* **Action item**
Would you reproduce exactly the lines below from the one holding "unfolding selected release_all" through the one holding "balance client s (ok (i", inclusive, and no others?

(Collected data)
-----

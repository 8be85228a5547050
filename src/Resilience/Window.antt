-- ===== src/Resilience/Window.antt =====
-- fusen/src/resilience/breaker.rs: `RollingWindow`, a ring of counting buckets over time.
-- Instants and durations are numbers of nanoseconds.
mod Lists
pub mod Ages
pub mod Counts
pub mod Bounds
use fusen_rs.Prelude.{
  ℕ, zero, suc, ◌+◌, ◌-◌, ◌/◌, ◌%◌, min, max, List, [], ◌∷◌, length, get_or, set, replicate, leb,
  ◌==◌, if◌then◌else◌,
}

pub record Bucket : Type 0 where
  pub successes : ℕ
  pub failures : ℕ

abbrev pub empty_bucket : Bucket
empty_bucket = record { successes = 0; failures = 0 }

pub record RollingWindow : Type 0 where
  pub buckets : List Bucket
  pub current : ℕ
  pub current_start : ℕ
  pub bucket_width : ℕ

-- `u32::MAX`.
abbrev pub u32_max : ℕ
u32_max = 4294967295

abbrev pub saturating_add_u32 : ℕ → ℕ → ℕ
saturating_add_u32 a b = min (a + b) u32_max

pub new : ℕ → ℕ → ℕ → RollingWindow
new window buckets now = record {
  buckets = replicate buckets empty_bucket;
  current = 0;
  current_start = now;
  bucket_width = max (window / buckets) 1;
}

-- One round of the loop of `advance`.
pub shift : RollingWindow → RollingWindow
shift w =
    let c = (w.current + 1) % length w.buckets in
    record w {
      current = c;
      buckets = set w.buckets c empty_bucket;
      current_start = w.current_start + w.bucket_width;
    }

pub shifts : ℕ → RollingWindow → RollingWindow
shifts zero w = w
shifts (suc k) w = shifts k (shift w)

unfoldable pub advance : RollingWindow → ℕ → RollingWindow
advance w now =
    let steps = (now - w.current_start) / w.bucket_width in
    if steps == 0
    then w
    else if leb (length w.buckets) steps
    then record w {
      buckets = replicate (length w.buckets) empty_bucket;
      current = 0;
      current_start = now;
    }
    else shifts steps w

abbrev pub at_current : (Bucket → Bucket) → RollingWindow → RollingWindow
at_current f w = record w {
  buckets = set w.buckets w.current (f (get_or w.buckets w.current empty_bucket));
}

unfoldable pub record_success : RollingWindow → RollingWindow
record_success = at_current (λ b. record b { successes = saturating_add_u32 b.successes 1 })

unfoldable pub record_failure : RollingWindow → RollingWindow
record_failure = at_current (λ b. record b { failures = saturating_add_u32 b.failures 1 })

pub record WindowCounts : Type 0 where
  pub successes : ℕ
  pub failures : ℕ

pub sum_buckets : WindowCounts → List Bucket → WindowCounts
sum_buckets c [] = c
sum_buckets c (b ∷ bs) =
    sum_buckets
      (record { successes = c.successes + b.successes; failures = c.failures + b.failures }) bs

unfoldable pub counts : RollingWindow → WindowCounts
unfolding sum_buckets
counts w = sum_buckets (record { successes = 0; failures = 0 }) w.buckets

abbrev pub samples : WindowCounts → ℕ
samples c = c.successes + c.failures
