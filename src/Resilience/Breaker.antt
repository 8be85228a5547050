-- ===== src/Resilience/Breaker.antt =====
-- fusen/src/resilience/breaker.rs: `CircuitBreaker`. A method runs under the breaker's lock, so it is
-- one step from state to state. The transition that it hands to the observer is part of its result.

pub mod Acquire
pub mod Phases
pub mod Durations
pub mod Trip
pub mod Permits
use fusen_rs.Resilience.Failure.{FailureClass, BreakerImpact, breaker_impact}
use fusen_rs.Resilience.Window.{
  RollingWindow, new, advance, record_success, record_failure, WindowCounts, counts, samples,
  saturating_add_u32,
}
use fusen_rs.Prelude.{
  ℕ, zero, suc, ◌+◌, ◌-◌, ◌*◌, ◌%◌, ◌^◌, min, Bool, true, false, ◌&&◌, Option, none, some, leb, ltb,
  ◌==◌, if◌then◌else◌, Result, ok, err, Float64,
}

-- 120 s, in nanoseconds.
abbrev pub hard_max_open_duration : ℕ
hard_max_open_duration = 120 * 1_000_000_000

-- The first number of nanoseconds that is no `Duration`.
abbrev pub duration_limit : ℕ
duration_limit = 2 ^ 64 * 1_000_000_000

-- `Duration::checked_mul`.
unfoldable pub checked_mul : ℕ → ℕ → Option ℕ
checked_mul d k = if ltb (d * k) duration_limit then some (d * k) else none

abbrev pub unwrap_or {ℓ} : {A : Type ℓ} → Option A → A → A
unwrap_or none d = d
unwrap_or (some a) d = a

abbrev pub wrapping_add_u64 : ℕ → ℕ → ℕ
wrapping_add_u64 a b = (a + b) % 2 ^ 64

pub record BreakerConfig (F : Type 0) : Type 0 where
  pub window : ℕ
  pub buckets : ℕ
  pub minimum_samples : ℕ
  pub failure_ratio : F
  pub open_duration : ℕ
  pub max_open_duration : ℕ
  pub half_open_concurrency : ℕ
  pub close_successes : ℕ

-- `BreakerConfig::new`.
unfoldable pub new_config : {F : Type 0} → BreakerConfig F → BreakerConfig F
new_config c = record c { max_open_duration = min c.max_open_duration hard_max_open_duration }

unfoldable pub initial_open_duration : {F : Type 0} → BreakerConfig F → ℕ
initial_open_duration c = min c.open_duration c.max_open_duration

unfoldable pub next_open_duration : {F : Type 0} → BreakerConfig F → ℕ → ℕ
unfolding checked_mul
next_open_duration c previous =
    min (unwrap_or (checked_mul previous 2) c.max_open_duration) c.max_open_duration

pub data BreakerPhase : Type 0 where
  closed opened half_open : BreakerPhase

pub data BreakerRejection : Type 0 where
  still_open : ℕ → BreakerRejection
  half_open_saturated : BreakerRejection

pub data MachineState : Type 0 where
  closed : RollingWindow → MachineState
  opened : (until duration : ℕ) → MachineState
  half_open : (in_flight consecutive_successes previous_open_duration : ℕ) → MachineState

pub record BreakerInner : Type 0 where
  pub epoch : ℕ
  pub state : MachineState

pub data PermitPhase : Type 0 where
  closed half_open : PermitPhase

pub record PermitToken : Type 0 where
  pub epoch : ℕ
  pub phase : PermitPhase

pub data PermitOutcome : Type 0 where
  success abandoned unattempted : PermitOutcome
  failure : FailureClass → PermitOutcome

-- What `try_acquire` leaves behind: the state, its result and the transition observed.
pub record Acquired : Type 0 where
  pub inner : BreakerInner
  pub result : Result PermitToken BreakerRejection
  pub transition : Option BreakerPhase

-- The `impact` of `complete`.
unfoldable pub impact_of : PermitOutcome → BreakerImpact
unfolding breaker_impact
impact_of PermitOutcome.success = BreakerImpact.success
impact_of (PermitOutcome.failure f) = breaker_impact f
impact_of PermitOutcome.abandoned = BreakerImpact.ignore
impact_of PermitOutcome.unattempted = BreakerImpact.unattempted

module _ {F : Type 0} (config : BreakerConfig F) where
  -- `with_observer`.
  unfoldable pub new_breaker : ℕ → BreakerInner
  new_breaker now = record {
    epoch = 0;
    state = MachineState.closed (new config.window config.buckets now);
  }

  -- One round of the loop of `try_acquire`; `again` is the next round.
  unfoldable pub acquire_round :
      (BreakerInner → Option BreakerPhase → Option Acquired)
      → ℕ
      → MachineState
      → BreakerInner
      → Option BreakerPhase
      → Option Acquired
  acquire_round again now (MachineState.closed window) inner transition = some (record {
    inner = record inner { state = MachineState.closed (advance window now) };
    result = ok (record { epoch = inner.epoch; phase = PermitPhase.closed });
    transition = transition;
  })
  acquire_round again now (MachineState.opened until duration) inner transition =
      if leb until now
      then again
          (record {
            epoch = wrapping_add_u64 inner.epoch 1;
            state = MachineState.half_open 0 0 duration;
          })
          (some BreakerPhase.half_open)
      else some (record {
        inner = inner;
        result = err (BreakerRejection.still_open (until - now));
        transition = transition;
      })
  acquire_round again now (MachineState.half_open in_flight wins previous) inner transition =
      if leb config.half_open_concurrency in_flight
      then some (record {
        inner = inner;
        result = err BreakerRejection.half_open_saturated;
        transition = transition;
      })
      else some (record {
        inner = record inner { state = MachineState.half_open (in_flight + 1) wins previous };
        result = ok (record { epoch = inner.epoch; phase = PermitPhase.half_open });
        transition = transition;
      })

  unfoldable pub acquire_loop : ℕ → ℕ → BreakerInner → Option BreakerPhase → Option Acquired
  unfolding acquire_round
  acquire_loop zero now inner transition = none
  acquire_loop (suc fuel) now inner transition =
      acquire_round (acquire_loop fuel now) now inner.state inner transition

  -- The loop with fuel for two rounds.
  unfoldable pub try_acquire : BreakerInner → ℕ → Option Acquired
  unfolding acquire_loop
  try_acquire inner now = acquire_loop 2 now inner none

module _ {F : Type 0} (fl : Float64 F) (config : BreakerConfig F) where
  unfoldable pub threshold_exceeded : WindowCounts → Bool
  threshold_exceeded c =
      leb config.minimum_samples (samples c)
      && fl.ge (fl.div (fl.of_u64 c.failures) (fl.of_u64 (samples c))) config.failure_ratio

  -- The state that opens the breaker at `now` for `duration`.
  unfoldable pub open_for : BreakerInner → ℕ → ℕ → BreakerInner
  open_for inner now duration = record {
    epoch = wrapping_add_u64 inner.epoch 1;
    state = MachineState.opened (now + duration) duration;
  }

  unfoldable pub complete_closed :
      MachineState → BreakerInner → ℕ → BreakerImpact → BreakerInner × Option BreakerPhase
  unfolding threshold_exceeded open_for initial_open_duration
  complete_closed (MachineState.closed window) inner now BreakerImpact.success =
      (record inner { state = MachineState.closed (record_success (advance window now)) }, none)
  complete_closed (MachineState.closed window) inner now BreakerImpact.failure =
      let w = record_failure (advance window now) in
      if threshold_exceeded (counts w)
      then (open_for inner now (initial_open_duration config), some BreakerPhase.opened)
      else (record inner { state = MachineState.closed w }, none)
  complete_closed (MachineState.closed window) inner now _ =
      (record inner { state = MachineState.closed (advance window now) }, none)
  complete_closed _ inner now impact = (inner, none)

  unfoldable pub complete_half_open :
      MachineState → BreakerInner → ℕ → BreakerImpact → BreakerInner × Option BreakerPhase
  unfolding open_for next_open_duration
  complete_half_open (MachineState.half_open in_flight wins previous) inner now
        BreakerImpact.success =
      let wins' = saturating_add_u32 wins 1 in
      if leb config.close_successes wins'
      then (
        record {
          epoch = wrapping_add_u64 inner.epoch 1;
          state = MachineState.closed (new config.window config.buckets now);
        },
        some BreakerPhase.closed,
      )
      else (record inner { state = MachineState.half_open (in_flight - 1) wins' previous }, none)
  complete_half_open (MachineState.half_open in_flight wins previous) inner now
        BreakerImpact.failure =
      (open_for inner now (next_open_duration config previous), some BreakerPhase.opened)
  complete_half_open (MachineState.half_open in_flight wins previous) inner now _ =
      (record inner { state = MachineState.half_open (in_flight - 1) wins previous }, none)
  complete_half_open _ inner now impact = (inner, none)

  unfoldable pub complete_phase :
      PermitPhase → BreakerInner → ℕ → BreakerImpact → BreakerInner × Option BreakerPhase
  unfolding complete_closed complete_half_open
  complete_phase PermitPhase.closed inner now impact = complete_closed inner.state inner now impact
  complete_phase PermitPhase.half_open inner now impact =
      complete_half_open inner.state inner now impact

  unfoldable pub complete :
      BreakerInner → ℕ → PermitToken → PermitOutcome → BreakerInner × Option BreakerPhase
  unfolding complete_phase impact_of
  complete inner now token outcome =
      if token.epoch == inner.epoch
      then complete_phase token.phase inner now (impact_of outcome)
      else (inner, none)
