-- ===== src/Client/Select.antt =====
-- `select_endpoint` of fusen/src/client/invocation.rs. Breakers are behind an interface: a state, a call
-- that acquires a permit and one that completes it. Routers, the load balancer and the weight
-- type are arguments; code of a user may return, fail or panic.
pub mod Routed
pub mod Chosen
pub mod Permits
pub mod Circuits
pub mod Outstanding
pub mod Tracked
use fusen_rs.Client.Instances.{
  select_http_version, should_auto_negotiate, same_instance, validate_output,
}
use fusen_rs.Contract.Http.{
  Version, http_11, HttpVersionPolicy, EndpointCapabilities, ServiceEndpoint, ServiceInstance,
  supports_binding, http_1_1_bit, all_versions,
}
use fusen_rs.Register.Directory.{DirectorySnapshot, DirectoryState, ready, stale}
use fusen_rs.Errors.{
  Error, ErrorKind, ErrorCategory, local_error, unavailable, internal, ErrorOrigin,
}
use fusen_rs.Resilience.Breaker.{PermitOutcome, unattempted}
use fusen_rs.Prelude.{
  ℕ, Bool, true, false, ◌&&◌, ◌||◌, not, Option, none, some, List, [], ◌∷◌, if◌then◌else◌, Result,
  ok, err, ◌>>=◌, get_elem?, remove_at,
}
use fusen_rs.Prelude.Bytes.{Bytes, bytes_of, member}

-- What `catch_unwind` gives for code of a user.
pub data Caught {ℓ} (A : Type ℓ) : Type ℓ where
  returned : A → Caught A
  failed : Error → Caught A
  panicked : Caught A

-- `Error::framework` for a category with a status.
abbrev pub framework_error : ErrorCategory → ℕ → Bytes → Bytes → Error
framework_error category status code message =
    local_error ErrorKind.framework category status code message

abbrev pub no_instances : Error
no_instances =
    framework_error unavailable 503 (bytes_of "no_instances")
      (bytes_of "discovery has no currently routable service instances")

abbrev pub no_compatible_endpoint : Error
no_compatible_endpoint =
    framework_error unavailable 503 (bytes_of "no_compatible_endpoint")
      (bytes_of "no endpoint is compatible with the selected HTTP binding and version policy")

abbrev pub router_panic : Error
router_panic = framework_error internal 500 (bytes_of "router_panic") (bytes_of "router failed")

abbrev pub invalid_router_output : Error
invalid_router_output =
    framework_error internal 500 (bytes_of "invalid_router_output")
      (bytes_of "instance router must return a non-duplicated subset of its input snapshot")

abbrev pub circuit_open : Error
circuit_open =
    framework_error unavailable 503 (bytes_of "circuit_open")
      (bytes_of "circuit breaker rejected the attempt")

abbrev pub invalid_selection : Error
invalid_selection =
    framework_error internal 500 (bytes_of "invalid_load_balancer_selection")
      (bytes_of "load balancer returned an out-of-range index")

abbrev pub load_balancer_panic : Error
load_balancer_panic =
    framework_error internal 500 (bytes_of "load_balancer_panic") (bytes_of "load balancer failed")

-- `Vec::retain`.
unfoldable pub keep_if {ℓ} : {A : Type ℓ} → (A → Bool) → List A → List A
keep_if p [] = []
keep_if p (x ∷ xs) = let rest = keep_if p xs in if p x then x ∷ rest else rest

abbrev pub is_some {ℓ} : {A : Type ℓ} → Option A → Bool
is_some none = false
is_some (some a) = true

abbrev pub is_routable : DirectoryState → Bool
is_routable ready = true
is_routable stale = true
is_routable _ = false

pub data EndpointSource (W : Type 0) : Type 0 where
  direct : ServiceEndpoint → Option EndpointCapabilities → EndpointSource W
  discovery : DirectorySnapshot (ServiceInstance W) → EndpointSource W

pub record Client (W : Type 0) : Type 0 where
  pub binding_id : Bytes
  pub http_version_policy : HttpVersionPolicy
  pub source : EndpointSource W
  pub routers : List (List (ServiceInstance W) → Caught (List (ServiceInstance W)))
  pub load_balancer : List (ServiceInstance W) → Caught ℕ
  pub default_weight : W

-- The breakers of the endpoints of a client.
pub record Breakers (S P : Type 0) : Type 0 where
  pub try_acquire : Bytes → S → S × Option P
  pub complete : P → PermitOutcome → S → S

pub record SelectedEndpoint (W P : Type 0) : Type 0 where
  pub instance_ : ServiceInstance W
  pub breaker_permit : P
  pub http_version : Version
  pub auto_negotiate : Bool
  pub invocation_controls : Bool

-- What is left behind: the state of the breakers, and the result.
pub record Selection (W S P : Type 0) : Type 0 where
  pub state : S
  pub result : Result (SelectedEndpoint W P) Error

-- The capabilities of a direct endpoint that has none configured.
abbrev pub direct_capabilities :
    Bytes → ServiceEndpoint → Option EndpointCapabilities → EndpointCapabilities
direct_capabilities binding_id endpoint (some c) = c
direct_capabilities binding_id endpoint none = record {
  http_versions = if endpoint.https then all_versions else http_1_1_bit;
  bindings = binding_id ∷ [];
  invocation_controls = false;
}

module _ {W : Type 0} where
  abbrev pub url_of : ServiceInstance W → Bytes
  url_of i = i.endpoint.url

  unfoldable pub available : Bytes → W → EndpointSource W → Result (List (ServiceInstance W)) Error
  available binding_id weight (direct endpoint capabilities) = ok (
      (record {
        instance_id = bytes_of "direct";
        endpoint = endpoint;
        capabilities = direct_capabilities binding_id endpoint capabilities;
        weight = weight;
        metadata = [];
      })
      ∷ [])
  available binding_id weight (discovery snapshot) =
      if is_routable snapshot.state
      then elim snapshot.instances [ [] ↦ err no_instances | i ∷ is ↦ ok (i ∷ is) ]
      else err no_instances

  -- Whether an instance supports the binding, and a version that the policy allows.
  abbrev pub is_compatible : Bytes → HttpVersionPolicy → ServiceInstance W → Bool
  is_compatible binding_id policy i =
      supports_binding i.capabilities binding_id
      && is_some (select_http_version policy i.endpoint i.capabilities)

  abbrev pub is_untried : List Bytes → ServiceInstance W → Bool
  is_untried attempted i = not (member (url_of i) attempted)

  abbrev pub nonempty : Error → List (ServiceInstance W) → Result (List (ServiceInstance W)) Error
  nonempty e [] = err e
  nonempty e (i ∷ is) = ok (i ∷ is)

  -- Those that were not attempted, if there are any, and all otherwise.
  abbrev pub prefer : List (ServiceInstance W) → List (ServiceInstance W) → List (ServiceInstance W)
  prefer [] all = all
  prefer (i ∷ is) all = i ∷ is

  -- The instances that are handed to the routers.
  unfoldable pub candidates : Client W → List Bytes → Result (List (ServiceInstance W)) Error
  unfolding available keep_if supports_binding select_http_version member
  candidates client attempted = do
    instances ← available client.binding_id client.default_weight client.source
    compatible ←
        nonempty no_compatible_endpoint
          (keep_if (is_compatible client.binding_id client.http_version_policy) instances)
    ok (prefer (keep_if (is_untried attempted) compatible) compatible)

module _ {W : Type 0} (weight_eq : W → W → Bool) where
  -- The instances after one router.
  abbrev pub routed :
      List (ServiceInstance W)
      → Caught (List (ServiceInstance W))
      → Result (List (ServiceInstance W)) Error
  routed input (returned output) =
      if validate_output (same_instance weight_eq) input output
      then ok output
      else err invalid_router_output
  routed input (failed e) = err e
  routed input panicked = err router_panic

  unfoldable pub route_all :
      List (List (ServiceInstance W) → Caught (List (ServiceInstance W)))
      → List (ServiceInstance W)
      → Result (List (ServiceInstance W)) Error
  route_all [] input = ok input
  route_all (router ∷ rest) input = routed input (router input) >>= route_all rest

-- The instances whose breakers admit an attempt, each with its permit.
abbrev pub keep_acquired :
    {W P : Type 0}
    → ServiceInstance W
    → Option P
    → List (ServiceInstance W × P)
    → List (ServiceInstance W × P)
keep_acquired i none eligible = eligible
keep_acquired i (some permit) eligible = (i, permit) ∷ eligible

abbrev pub instances_of : {W P : Type 0} → List (ServiceInstance W × P) → List (ServiceInstance W)
instances_of [] = []
instances_of ((i, p) ∷ rest) = i ∷ instances_of rest

abbrev pub permits_of : {W P : Type 0} → List (ServiceInstance W × P) → List P
permits_of [] = []
permits_of ((i, p) ∷ rest) = p ∷ permits_of rest

-- The version of an endpoint that is not negotiated with; the code expects that there is one.
abbrev pub expect_version : Option Version → Version
expect_version none = http_11
expect_version (some v) = v

unfoldable pub selected :
    {W P : Type 0} → HttpVersionPolicy → ServiceInstance W → P → SelectedEndpoint W P
unfolding should_auto_negotiate select_http_version
selected policy i permit =
    let negotiate = should_auto_negotiate policy i.endpoint i.capabilities in
    record {
      instance_ = i;
      breaker_permit = permit;
      http_version =
          if negotiate
          then http_11
          else expect_version (select_http_version policy i.endpoint i.capabilities);
      auto_negotiate = negotiate;
      invocation_controls = i.capabilities.invocation_controls;
    }

module _ {S P : Type 0} (breakers : Breakers S P) where
  -- `BreakerPermit::release_unattempted`.
  abbrev pub release_unattempted : P → S → S
  release_unattempted p s = breakers.complete p unattempted s

  unfoldable pub release_all : List P → S → S
  release_all [] s = s
  release_all (p ∷ ps) s = release_all ps (release_unattempted p s)

module _ {W S P : Type 0} (breakers : Breakers S P) where
  unfoldable pub acquire_all : List (ServiceInstance W) → S → S × List (ServiceInstance W × P)
  acquire_all [] s = (s, [])
  acquire_all (i ∷ is) s =
      let (s', permit) = breakers.try_acquire (url_of i) s in
      let (last, eligible) = acquire_all is s' in (last, keep_acquired i permit eligible)

  -- The permits that were not taken are dropped when the selection ends.
  abbrev pub give_up : Error → S → List P → Selection W S P
  give_up e s permits = record { state = release_all breakers permits s; result = err e }

  -- The end of the selection, on what the load balancer says.
  unfoldable pub take_permit :
      HttpVersionPolicy → Caught ℕ → S → List (ServiceInstance W × P) → Selection W S P
  unfolding selected release_all
  take_permit policy (returned index) s eligible = elim (get_elem? eligible index) [
    | none ↦ give_up invalid_selection s (permits_of eligible)
    | some (i, permit) ↦
        let others = permits_of (remove_at index eligible) in
        record { state = release_all breakers others s; result = ok (selected policy i permit) }
  ]
  take_permit policy (failed e) s eligible = give_up e s (permits_of eligible)
  take_permit policy panicked s eligible = give_up load_balancer_panic s (permits_of eligible)

  unfoldable pub choose : Client W → S × List (ServiceInstance W × P) → Selection W S P
  unfolding take_permit
  choose client (s, []) = give_up circuit_open s []
  choose client (s, e ∷ es) =
      take_permit client.http_version_policy (client.load_balancer (instances_of (e ∷ es))) s
        (e ∷ es)

  unfoldable pub balance : Client W → S → Result (List (ServiceInstance W)) Error → Selection W S P
  unfolding choose acquire_all
  balance client s (err e) = give_up e s []
  balance client s (ok []) = give_up no_instances s []
  balance client s (ok (i ∷ is)) = choose client (acquire_all (i ∷ is) s)

module _ {W S P : Type 0} (weight_eq : W → W → Bool) (breakers : Breakers S P) where
  unfoldable pub select_endpoint : Client W → List Bytes → S → Selection W S P
  unfolding candidates route_all balance
  select_endpoint client attempted s =
      balance breakers client s (candidates client attempted >>= route_all weight_eq client.routers)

-----

* **Written response**
  unfolding selected release_all
  take_permit policy (returned index) s eligible = elim (get_elem? eligible index) [
    | none ↦ give_up invalid_selection s (permits_of eligible)
    | some (i, permit) ↦
        let others = permits_of (remove_at index eligible) in
        record { state = release_all breakers others s; result = ok (selected policy i permit) }
  ]
  take_permit policy (failed e) s eligible = give_up e s (permits_of eligible)
  take_permit policy panicked s eligible = give_up load_balancer_panic s (permits_of eligible)

  unfoldable pub choose : Client W → S × List (ServiceInstance W × P) → Selection W S P
  unfolding take_permit
  choose client (s, []) = give_up circuit_open s []
  choose client (s, e ∷ es) =
      take_permit client.http_version_policy (client.load_balancer (instances_of (e ∷ es))) s
        (e ∷ es)

  unfoldable pub balance : Client W → S → Result (List (ServiceInstance W)) Error → Selection W S P
  unfolding choose acquire_all
  balance client s (err e) = give_up e s []
  balance client s (ok []) = give_up no_instances s []
  balance client s (ok (i ∷ is)) = choose client (acquire_all (i ∷ is) s)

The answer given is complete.